# Homemade/Alternative Ornaments/Cards



## Abishai100 (Dec 11, 2017)

Christmas cards (and ornaments) represent holiday season festivity, so where can we find ideas for homemade gifts/cards/ornaments, and why do these 'alternative season decorations' sometimes bring out more cheer/curiosity in the youthful mind?

Do you have a nice homemade/alternative ornament/card idea/design you'd like to share on USMB?

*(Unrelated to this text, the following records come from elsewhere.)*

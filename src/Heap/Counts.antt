-- ===== src/Heap/Counts.antt =====
-- Facts on the lists of heap.c that count where an address occurs.
use apsyde.Heap.Segs.{
  occurs, occurs-split, occurs_self, occurs-cons, occurs-append, Tiles, Tiles-split, Tiles-le,
  Tiles-below, Tiles-above,
}
use apsyde.Heap.State.{header_size}
use apsyde.Common.{
  ℕ, suc, ◌+◌, ◌≤◌, ◌<◌, ◌≡◌, sym, inl, inr, List, [], ◌∷◌, ◌++◌, arith, ◌==◌, if◌then◌else◌,
  ==_iff, Bool-cases, length, All, length-append, ap,
}

-- What holds at each address that occurs holds of all elements.
pub All-occurs : (P : ℕ → Type 0) (xs : List ℕ) → ((x : ℕ) → 0 < occurs x xs → P x) → All P xs
All-occurs P [] h = tt
All-occurs P (x ∷ xs) h = (
  h x (omega (arith, occurs_self x xs)),
  All-occurs P xs (λ y k. h y (omega (arith, k, occurs-cons y x xs))),
)

pub All-occurs_at : (P : ℕ → Type 0) (x : ℕ) (xs : List ℕ) → All P xs → 0 < occurs x xs → P x
unfolding occurs
All-occurs_at P x [] h k = absurd (omega arith)
All-occurs_at P x (y ∷ ys) h k = elim (Bool-cases (x == y)) [
  | inl e ↦ rw ((==_iff x y).0 e) (h.0)
  | inr e ↦ All-occurs_at P x ys (h.1) (ground (arith, e, k))
]

-- One element more in the middle.
pub occurs-middle :
    (x y : ℕ) (xs ys : List ℕ)
    → occurs x (xs ++ (y ∷ ys)) ≡ (if x == y then 1 else 0) + occurs x (xs ++ ys)
unfolding occurs
occurs-middle x y xs ys = omega (arith, occurs-append x xs (y ∷ ys), occurs-append x xs ys)

pub length-middle : (y : ℕ) (xs ys : List ℕ) → length (xs ++ (y ∷ ys)) ≡ suc (length (xs ++ ys))
length-middle y xs ys = omega (arith, length-append xs (y ∷ ys), length-append xs ys)

-- A list that has nothing more often than another is not longer.
pub occurs-length : (xs ys : List ℕ) → ((x : ℕ) → occurs x xs ≤ occurs x ys) → length xs ≤ length ys
occurs-length [] ys h = omega arith
occurs-length (x ∷ xs) ys h =
    let s = occurs-split x ys (omega (arith, h x, occurs_self x xs)) in
    let shorter = occurs-length xs (s.0 ++ s.1) (λ z.
      omega (
        arith,
        h z,
        occurs-middle z x [] xs,
        occurs-middle z x (s.0) (s.1),
        ap (occurs z) (s.2),
      )) in
    omega (arith, shorter, length-middle x (s.0) (s.1), ap (λ l. length l) (s.2))

-- The block in the middle of a segment: the segments around it, and its bounds.
pub record Cut (size : ℕ → ℕ) (a : ℕ) (xs : List ℕ) (b : ℕ) (ys : List ℕ) (e : ℕ) : Type 0 where
  pub before : Tiles size a xs b
  pub after : Tiles size (b + header_size + size b) ys e
  pub low : a ≤ b
  pub high : b + header_size + size b ≤ e
  pub only_before : occurs b xs ≡ 0
  pub only_after : occurs b ys ≡ 0

pub Tiles-Cut :
    (size : ℕ → ℕ) (a : ℕ) (xs : List ℕ) (b : ℕ) (ys : List ℕ) (e : ℕ)
    → Tiles size a (xs ++ (b ∷ ys)) e
    → Cut size a xs b ys e
Tiles-Cut size a xs b ys e h =
    let p = Tiles-split size a xs (b ∷ ys) e h in
    let m_is : p.0 ≡ b = sym (p.2.0) in
    let front : Tiles size a xs b = rw (sym m_is) (p.1) in
    let back = p.2.1 in
    record {
      before = front;
      after = back;
      low = omega (arith, Tiles-le size a xs b front);
      high = omega (arith, Tiles-le size (b + header_size + size b) ys e back);
      only_before = Tiles-above size a xs b b front (omega arith);
      only_after = Tiles-below size (b + header_size + size b) ys e b back (omega arith);
    }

This blurb was inspired by MacGyver, Mr. Wizard, and Martha Stewart!


====

"How many home-made Christmas cards can you make by Friday, class? You each have pattern-templates, tree-shape cut-out, glue, glitter, and multi-color options to make personalized Xmas-tree Christmas cards this year (and save your parents some $)!"


 

"Trees are easy to make and require only a little 'tinkering' to create nicely-organized expressions of your favorite qualities of Christmas ornaments. The do-it-yourself approach to holiday decorations is half-the-fun of the spirit of the holiday season. Plus, they teach us about the value of recycling (paper, plastics, etc.)."

 

"Home-made Christmas cards are not necessarily just for kids and can be oriented for adults to offer personalized experiences of simple or even complex holiday season themed color-matching and patchwork-creativity! Sometimes these cards offer more than today's convenient shop-pickup and online-template choosing which sometimes do not carry the same kind of sentiment/care."

 

"The bottom line is to enjoy yourself and learn about the simplicity and everyday joy of the Christmas season. Whether or not you're celebrating a 'white Christmas,' a 'family-festive Christmas,' or a 'community-lit Christmas,' what is really worth finding is your personal expression of what Christmas means to you. That's what makes arts-and-crafts shop a nice alternative to Christmas-season decoration planning!"

====


----------